**** Data for analysis ****

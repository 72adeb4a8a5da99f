-- ===== src/Common/Order.antt =====
-- What Go sorts by: the `Less` of a `sort.Interface` as a strict weak order, and `<` of texts,
-- which compares their characters from the left.
use Prim.Native.Char.{code}
use Prim.Native.Nat.{ℕ}
use Prim.Native.String.{String}
use mathlib.Core.Path.{◌≡◌, refl}
use mathlib.Core.Logic.{◌⊎◌, inl, inr}
use mathlib.Core.Bool.{Bool, true, false}
use mathlib.Core.List.{List, [], ◌∷◌}
use native.Mathlib.Omega.{arith}
use argodemo.Common.Tests.{ltb, if◌then◌else◌, Bool-cases}
use argodemo.Common.Lists.{All}

module _ {ℓ} {A : Type ℓ} where
  -- What `sort.Sort` asks of `Less`: asymmetry, and no element lies between two equivalent ones.
  pub record StrictWeak (less : A → A → Bool) : Type ℓ where
    pub asym : (a b : A) → less a b ≡ true → less b a ≡ false
    pub cotrans : (a b c : A) → less a b ≡ true → (less a c ≡ true) ⊎ (less c b ≡ true)

  -- No element is less than one in front of it.
  abbrev pub Ordered : (A → A → Bool) → List A → Type ℓ
  Ordered less [] = Unit
  Ordered less (x ∷ xs) = All (λ y. less y x ≡ false) xs × Ordered less xs

  pub All-map {κ} :
      {Holds Wanted : A → Type κ} (next : (a : A) → Holds a → Wanted a) (xs : List A)
      → All Holds xs
      → All Wanted xs
  All-map next [] h = h
  All-map next (x ∷ xs) h = (next x h.0, All-map next xs h.1)

  -- Being at least an element goes on to the elements behind.
  pub StrictWeak-at_least :
      {less : A → A → Bool}
      → StrictWeak less
      → (a b c : A) → less b a ≡ false
      → less c b ≡ false
      → less c a ≡ false
  StrictWeak-at_least {less} sw a b c e f = elim (Bool-cases (less c a)) [
    | inr h ↦ h
    | inl h ↦ elim (sw.cotrans c a b h) [
      | inl u ↦ ground (arith, f, u)
      | inr u ↦ ground (arith, e, u)
    ]
  ]

-- The code points of a text, which are in the order of the bytes that encode them.
abbrev pub codes : String → List ℕ
codes String.[] = []
codes (String.◌∷◌ c s) = code c ∷ codes s

abbrev pub less_codes : List ℕ → List ℕ → Bool
less_codes s [] = false
less_codes [] (b ∷ t) = true
less_codes (a ∷ s) (b ∷ t) = if ltb a b then true else if ltb b a then false else less_codes s t

unfoldable pub less_text : String → String → Bool
less_text s t = less_codes (codes s) (codes t)

less_codes-asym : (s t : List ℕ) → less_codes s t ≡ true → less_codes t s ≡ false
less_codes-asym s [] h = ground (arith, h)
less_codes-asym [] (b ∷ t) h = refl
less_codes-asym (a ∷ s) (b ∷ t) h = ground (arith, h, less_codes-asym s t)

less_codes-cotrans :
    (s t u : List ℕ) → less_codes s t ≡ true → (less_codes s u ≡ true) ⊎ (less_codes u t ≡ true)
less_codes-cotrans s [] u h = ground (arith, h)
less_codes-cotrans s (b ∷ t) [] h = inr refl
less_codes-cotrans [] (b ∷ t) (c ∷ u) h = inl refl
less_codes-cotrans (a ∷ s) (b ∷ t) (c ∷ u) h = ground (arith, h, less_codes-cotrans s t u)

pub less_text-StrictWeak : StrictWeak less_text
unfolding less_text
less_text-StrictWeak = record {
  asym = λ a b. less_codes-asym (codes a) (codes b);
  cotrans = λ a b c. less_codes-cotrans (codes a) (codes b) (codes c);
}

****

__Exercise aim__
The answer must be every line of the listing that holds the word "element".

__Your solution__
  -- What `sort.Sort` asks of `Less`: asymmetry, and no element lies between two equivalent ones.
  -- No element is less than one in front of it.
  -- Being at least an element goes on to the elements behind.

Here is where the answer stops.